Towards the end of chapter 5, Atticus returns home from work unexpectedly and catches Jem attempting to place a letter attached to the end of a fishing pole in the Radley's window sill. Atticus proceeds to chastise Jem and the children for continually bothering Boo Radley. After Atticus questions Jem's decision to intrude on Boo's privacy, he chastises the children for putting Boo's life on display by playing the "asinine game" in the front yard for everyone to see. Earlier, Atticus had caught Jem and the children playing the Boo Radley game in the front yard, and Jem denied that their game had anything to do with Boo. Atticus uses the "oldest lawyer’s trick on record" by assuming Jem was playing a game involving Boo and rapidly questioning his son, which essentially tricks Jem into revealing the truth about their game. Jem responds by telling Atticus,

We weren’t makin' fun of him, we weren’t laughin’ at him . . . we were just (Lee, 50).

Atticus essentially catches Jem in a lie by asking him a series of leading questions in quick succession, which is the oldest lawyer trick on record.
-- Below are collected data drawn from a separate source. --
-- ===== src/Server/System/Calls.antt =====
-- The call on the registry of src/registry.rs, if any, that an action of the server makes.
use ws_fanout.Prelude.{
  ℕ, ◌+◌, ◌≤◌, ◌<◌, ◌≡◌, refl, Option, none, some, arith, ltb, if◌then◌else◌, Bool-cases,
  Option-cases, inl, inr, ◌⊎◌, nat_eq, string_eq, u64_mod, wrapping_add_exact, ok, err,
  Result-cases,
}
use ws_fanout.Auth.{Claims}
use ws_fanout.Collections.HashMap
use ws_fanout.Mpsc.{Mpsc}
use ws_fanout.Registry.{Registry, ConnectionId}
use ws_fanout.Registry.Calls.{
  Call, join, leave, subscribing, unsubscribing, publishing, broadcasting, sending, receiving,
  hanging_up, timing_out, refusing, perform, ids_after,
}
use ws_fanout.Registry.Calls.Entries.{perform-ids, perform-IsValid}
use ws_fanout.Registry.Invariant.{IsValid}
use ws_fanout.Server.Connection.{opening}
use ws_fanout.Server.Handle.{Services}
use ws_fanout.Server.Serve.{Semaphore, Running, accept, fail, drop_permit}
use ws_fanout.Server.Serve
use ws_fanout.Server.Session.{Session, Flow, continue, finish}
use ws_fanout.Server.System.{
  serving, parted, System, Action, connects, releases, opens, calls, takes, aborts, departs,
  publishes, broadcasts, proceed, opened, called, frame_taken, aborted, departed, enact,
}
use ws_fanout.Server.Task.{
  Task, ret, subscribe, unsubscribe, send, drops, heartbeat_timeout, close_sink,
}

-- The registry after a call, or without one.
unfoldable pub performed :
    {Tx : Type 0} ⦃mpsc : Mpsc Tx⦄ → ℕ → ℕ → Option Call → Registry Tx → Registry Tx
performed max cap none r = r
performed max cap (some x) r = perform max cap x r

-- The next call of a session.
unfoldable pub task_call :
    {IoError WsError : Type 0} → ConnectionId → Task (Session × Flow IoError WsError) → Option Call
task_call id (ret (s, continue)) = none
task_call id (ret (s, finish result)) = some (hanging_up id)
task_call id (subscribe chs k) = some (subscribing id chs)
task_call id (unsubscribe chs k) = some (unsubscribing id chs)
task_call id (send frame k) = some (sending id frame)
task_call id (drops k) = none
task_call id (heartbeat_timeout t) = some timing_out
task_call id (close_sink t) = none

module _ {Tx IoError WsError RawValue Value : Type 0} ⦃mpsc : Mpsc Tx⦄
    (services : Services IoError WsError RawValue Value) where
  open services use {config}

  pub task_call-proceed :
      (id : ConnectionId) (claims : Claims Value) (t : Task (Session × Flow IoError WsError))
      (r : Registry Tx)
      → (proceed services id claims t r).0
        ≡ performed config.max_subscriptions config.send_queue (task_call id t) r
  unfolding proceed task_call performed perform
  task_call-proceed id claims (ret (s, continue)) r = refl
  task_call-proceed id claims (ret (s, finish result)) r = refl
  task_call-proceed id claims (subscribe chs k) r = refl
  task_call-proceed id claims (unsubscribe chs k) r = refl
  task_call-proceed id claims (send frame k) r = refl
  task_call-proceed id claims (drops k) r = refl
  task_call-proceed id claims (heartbeat_timeout t) r = refl
  task_call-proceed id claims (close_sink t) r = refl

module _ {Tx Sem IoError WsError RawValue Value : Type 0} ⦃mpsc : Mpsc Tx⦄
    ⦃semaphore : Semaphore Sem⦄ (services : Services IoError WsError RawValue Value) where
  open services use {config}

  unfoldable pub call_made : Action WsError → System Tx Sem IoError WsError Value → Option Call
  unfolding task_call
  call_made connects s = elim (semaphore.try_acquire s.slots) [
    | none ↦ some refusing
    | some slots ↦ none
  ]
  call_made releases s = none
  call_made (opens p) s =
      if ltb 0 s.entering
      then (elim (opening services p.handshake p.first p.answer).1 [
        | err e ↦ none
        | ok claims ↦ some (join claims.subject)
      ])
      else none
  call_made (calls id) s = elim (HashMap.get id s.sessions) [
    | some (serving claims t) ↦ task_call id t
    | _ ↦ none
  ]
  call_made (takes id) s = elim (HashMap.get id s.sessions) [
    | some (serving claims t) ↦ some (receiving id)
    | _ ↦ none
  ]
  call_made (aborts id) s = elim (HashMap.get id s.sessions) [
    | some (serving claims t) ↦ some (hanging_up id)
    | _ ↦ none
  ]
  call_made (departs id) s = elim (HashMap.get id s.sessions) [
    | some (parted claims) ↦ some (leave id)
    | _ ↦ none
  ]
  call_made (publishes ch f) s = some (publishing ch f)
  call_made (broadcasts f) s = some (broadcasting f)

  -- Where the connection's task is.
  pub stage-cases :
      (id : ConnectionId) (s : System Tx Sem IoError WsError Value)
      → (HashMap.get id s.sessions ≡ none)
        ⊎ ((claims : Claims Value) × (HashMap.get id s.sessions ≡ some (parted claims)))
        ⊎ ((claims : Claims Value) × (t : Task (Session × Flow IoError WsError)) × (HashMap.get id
                s.sessions
              ≡ some (serving claims t)))
  stage-cases id s = elim (Option-cases (HashMap.get id s.sessions)) [
    | inl e ↦ inl e
    | inr (parted claims, e) ↦ inr (inl (claims, e))
    | inr (serving claims t, e) ↦ inr (inr (claims, t, e))
  ]

  pub enact-performed :
      (a : Action WsError) (s : System Tx Sem IoError WsError Value)
      → (enact services a s).registry
        ≡ performed config.max_subscriptions config.send_queue (call_made a s) s.registry
  unfolding enact call_made performed
  enact-performed connects s = elim (Option-cases (semaphore.try_acquire s.slots)) [
    | inl e ↦ unfold accept perform in ground (arith, e)
    | inr (t, e) ↦ unfold accept in ground (arith, e)
  ]
  enact-performed releases s = unfold drop_permit in ground arith
  enact-performed (opens p) s = elim (Bool-cases (ltb 0 s.entering)) [
    | inl some_task ↦ elim (Result-cases (opening services p.handshake p.first p.answer).1) [
      | inl (claims, e) ↦ unfold opened Serve.join perform in ground (arith, some_task, e)
      | inr (x, e) ↦ unfold opened fail in ground (arith, some_task, e)
    ]
    | inr no_task ↦ rw (no_task, enact, call_made) refl
  ]
  enact-performed (calls id) s = elim (stage-cases id s) [
    | inl e ↦ unfold called in ground (arith, e)
    | inr (inl (claims, e)) ↦ unfold called in ground (arith, e)
    | inr (inr (claims, t, e)) ↦
        unfold called in ground (arith, e, task_call-proceed services id claims t s.registry)
  ]
  enact-performed (takes id) s = elim (stage-cases id s) [
    | inl e ↦ unfold frame_taken in ground (arith, e)
    | inr (inl (claims, e)) ↦ unfold frame_taken in ground (arith, e)
    | inr (inr (claims, t, e)) ↦ unfold frame_taken perform in ground (arith, e)
  ]
  enact-performed (aborts id) s = elim (stage-cases id s) [
    | inl e ↦ unfold aborted in ground (arith, e)
    | inr (inl (claims, e)) ↦ unfold aborted in ground (arith, e)
    | inr (inr (claims, t, e)) ↦ unfold aborted perform in ground (arith, e)
  ]
  enact-performed (departs id) s = elim (stage-cases id s) [
    | inl e ↦ unfold departed in ground (arith, e)
    | inr (inl (claims, e)) ↦ unfold departed Serve.leave perform in ground (arith, e)
    | inr (inr (claims, t, e)) ↦ unfold departed in ground (arith, e)
  ]
  enact-performed (publishes ch f) s = unfold perform in refl
  enact-performed (broadcasts f) s = unfold perform in refl

module _ {Tx : Type 0} ⦃mpsc : Mpsc Tx⦄ (max cap : ℕ) where
  pub performed-IsValid :
      (x : Option Call) (r : Registry Tx)
      → r.next_id + 1 < u64_mod
      → IsValid r
      → IsValid (performed max cap x r)
  unfolding performed
  performed-IsValid none r room v = v
  performed-IsValid (some x) r room v = perform-IsValid max cap x r room v

  pub performed-ids :
      (x : Option Call) (r : Registry Tx)
      → r.next_id + 1 < u64_mod
      → (r.next_id ≤ (performed max cap x r).next_id)
        × ((performed max cap x r).next_id ≤ r.next_id + 1)
  unfolding performed ids_after
  performed-ids none r room = (omega arith, omega arith)
  performed-ids (some x) r room =
      ground (arith, perform-ids max cap x r, wrapping_add_exact r.next_id 1)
Jem is caught off guard and admits to something he denied earlier.

gbeatty eNotes educator| Certified Educator

Atticus' trick is to get Jem to admit things (specifically, that he and the other kids had been playacting Boo's life for fun) by asking a series of leading questions until Jem gets knocked off balance (mentally) and accidentally admits to doing what Atticus already knew they'd done.

The trick, then, is to confuse the person through leading questions until he or she admits things.